I have this really cool workbench that I've had for like 15 years now.




And this stainless steel top that's always been just a little to big for it.




The workbench is about 7' x 30" and the stainless table top is 8' x 3'. I've never tried to cut it down because I had more room in my old shop so I just let it hang over the sides. Now I want to trim it to size but since I don't have a CNC plasma cutter or a giant metal sheer I'm looking for ideas on how to cut it. In the past I've used a friction blade in a circular saw but this seems like it might just be too much for that approach. 

Thanks,

john


----------



## kb58 (May 29, 2019)

Honestly, take it somewhere. Cutting stainless of any significant thickness is really tough - and impossible if it hardens due to cutting heat.


----------



## wildo (May 29, 2019)

I would try one (or two) of these in an old circular saw on a track. Even if you burn up a blade or two, it will likely cost you less than taking it to some fabrication shop.
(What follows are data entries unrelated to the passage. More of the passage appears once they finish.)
-- ===== src/Sync/Tests/Switching.antt =====
-- The theorems of the scheduler and of the joins at concrete threads.
use cross_shim.Base.{ℕ, ◌≡◌, refl, true, false, some, none, [], ◌∷◌, ◌++◌, ◌+◌, arith}
use cross_shim.Container.Dict.{lookup}
use cross_shim.Sync.{
  ThreadManager, ThreadContext, EmulatedRwLock, returns, switches, runnable, blocked, is_blocked,
  hle_base,
}
use cross_shim.Sync.Keys.Isolation.{on_thread}
use cross_shim.Sync.Mutex.{pthread_mutex_lock}
use cross_shim.Sync.RwLock.{new_rwlock}
use cross_shim.Sync.Scheduler.{
  Host, blocking_operation, periodic_preemption, is_running, is_terminated,
}
use cross_shim.Sync.Switch.{context_switch}
use cross_shim.Sync.Switch.Registers.{registers, switch_keeps_registers}
use cross_shim.Sync.Switch.Running.{OneRuns, context_switch-OneRuns}
use cross_shim.Sync.Switch.Resume.{lock_then_switch}
use cross_shim.Sync.Switch.Waiting.{wait_then_switch}
use cross_shim.Sync.Cond.{pthread_cond_wait}
use cross_shim.Sync.Thread.{pthread_join, pthread_join_resume, pthread_exit}
use cross_shim.Sync.Thread.Join.{join_gets_value}
use cross_shim.Sync.Tests.{awake, waiting, threads, held_mutex, mutex_found}

-- Nothing happens outside.
abbrev idle : ℕ → Host
idle n = record { now = n; poll = λ fd for_input. false }

-- Thread 1 can run.
abbrev two_ready : ThreadManager
two_ready = record threads {
  threads =
      (1, record awake { state = runnable; pc = 96; saved_x0 = 8 })
      ∷ (2, awake)
      ∷ (3, waiting)
      ∷ [];
}

running_found : lookup two_ready.current_thread_id two_ready.threads ≡ some awake
unfolding lookup
running_found = refl

awake_runs : is_running awake.state ≡ true
unfolding is_running
awake_runs = refl

switch_keeps_registers_example :
    registers (context_switch idle two_ready periodic_preemption) 1 ≡ registers two_ready 1
switch_keeps_registers_example =
    switch_keeps_registers idle two_ready periodic_preemption awake 1 running_found awake_runs

one-OneRuns : OneRuns two_ready
unfolding lookup is_running
one-OneRuns t = ground arith

context_switch-OneRuns_example : OneRuns (context_switch idle two_ready periodic_preemption)
context_switch-OneRuns_example =
    context_switch-OneRuns idle two_ready periodic_preemption one-OneRuns

lock_then_switch_example :
    lookup 2 (context_switch idle (pthread_mutex_lock two_ready 512 0).0 blocking_operation).threads
    ≡ some (record awake {
      state = blocked;
      blocked_on_resource = 512;
      mutex_wait_ptr = 512;
      mutex_wait_return_addr = 4096;
      pc = hle_base + 0xFFFEC;
      saved_x0 = 0;
      saved_lr = 4096;
      others = 7;
      block_next_switch = false;
    })
lock_then_switch_example =
    lock_then_switch idle two_ready 512 awake running_found held_mutex 0 mutex_found refl
      (ground arith) (ground arith)

not_blocked : is_blocked awake.state ≡ false
unfolding is_blocked
not_blocked = refl

wait_then_switch_example :
    lookup 2
      (context_switch idle (pthread_cond_wait two_ready 640 512).0 blocking_operation).threads
    ≡ some (record awake {
      state = blocked;
      blocked_on_resource = 640;
      cond_wait_mutex = 512;
      cond_wait_return_addr = 4096;
      pc = hle_base + 0xFFFF4;
      saved_x0 = 0;
      saved_lr = 4096;
      others = 7;
      block_next_switch = false;
    })
wait_then_switch_example =
    wait_then_switch idle two_ready 640 512 awake running_found not_blocked (ground arith)

-- Thread 1 writes.
abbrev written : EmulatedRwLock
written = record new_rwlock { writer = 1; write_count = 1 }

abbrev with_writer : ThreadManager
with_writer = record two_ready { rwlocks = (768, written) ∷ [] }

writer_found : lookup 768 with_writer.rwlocks ≡ some written
unfolding lookup
writer_found = refl

abbrev ready_one : ThreadContext
ready_one = record awake { state = runnable; pc = 96; saved_x0 = 8 }

one_found : lookup 1 two_ready.threads ≡ some ready_one
unfolding lookup
one_found = refl

one_alive : is_terminated ready_one.state ≡ false
unfolding is_terminated
one_alive = refl

join_gets_value_example :
    let (s1, joined, stored) = pthread_join two_ready 1 1024 in
    let s2 = (pthread_exit (on_thread s1 1) 55).0 in
    let (s3, out, written) = pthread_join_resume (on_thread s2 2) in
    (joined ≡ switches)
    × (stored ≡ none)
    × (s2.runnable_queue ≡ s1.runnable_queue ++ 2 ∷ [])
    × (out ≡ returns 0)
    × (s3.lr ≡ 4096)
    × (lookup 1 s3.threads ≡ none)
    × (written ≡ some (1024, 55))
join_gets_value_example =
    join_gets_value two_ready 1 1024 55 awake ready_one running_found one_found (ground arith) refl
      one_alive refl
						D1260CF | Saw Blades | Steel Cutting | Medium Metal - Diablo Tools
					

Learn all about #D1260CF. Best in the world circular saw blades. Diablo’s Steel Demon Cermet II saw blades are redefining metal cutting, and the jobsite, by introducing exclusive innovation for cutting metals and stainless steels with a cordless or corded circular saw. The specially formulated...




					www.diablotools.com


----------



## richl (May 29, 2019)

https://www.lowes.com/pd/evolution-7-1-4-in-9-amp-corded-circular-saw-with-steel-shoe-and-hard-case/1000129715?cm_mmc=shp-_-c-_-prd-_-tol-_-google-_-pla-_-129-_-soshandheldpowertools-_-1000129715-_-0&kpid&k_clickID=go_1724367489_70392675314_336409582459_aud-299487635250:pla-434734339629_m_1022009&gclid=CjwKCAjw27jnBRBuEiwAdjQXDHVBu7TO2b_GbU9NEnd_C26_hN_nh29Ik4yArSWpEwr01lBY-jELixoCjSMQAvD_BwE
		

This is another option. 7 1/4" evolution circular saw.  Plus you have a new cutting tool for the shop.
For me and my shop, I would probably just take a grinder to it, stainless cleans up pretty good. I wouldn't do it for a customer, plasma for that.


----------



## matthewsx (May 29, 2019)

Well, once again the cheapest tool in the shop gets it done

#HarborFreight
#4.5"AngleGrinder
#giterdone




Thanks for the tips everyone!!!!
I sure would have loved to go out and buy a plasma cutter but it just wasn't in the budget for this job. Freehand cuts with the angle grinder worked out great, even figured out that by cutting part way through in several spots I could keep everything together until I was ready to finish the cut. 

Cheers,

John


----------



## fixit (May 29, 2019)

matthewsx said:


> So,
> 
> I have this really cool workbench that I've had for like 15 years now.
> 
> ...


I totally agree with KB58. I would hate to screw up that table top.


----------



## fixit (May 29, 2019)

matthewsx said:


> Well, once again the cheapest tool in the shop gets it done
> 
> #HarborFreight
> #4.5"AngleGrinder
> ...


you was lucky


----------



## matthewsx (May 29, 2019)

Maybe it's not clear from the picture but the table isn't solid 1" stainless. It's 16 gauge sheet that was probably used as a morgue slab at one time.  Richl had it right, since it's not for a customer I really didn't have anything to loose by cutting it myself. I got up this morning and did a small test cut to make sure the cutting disk would get through it and had it done, including cutting the birch plywood piece before I finished my second cup of coffee.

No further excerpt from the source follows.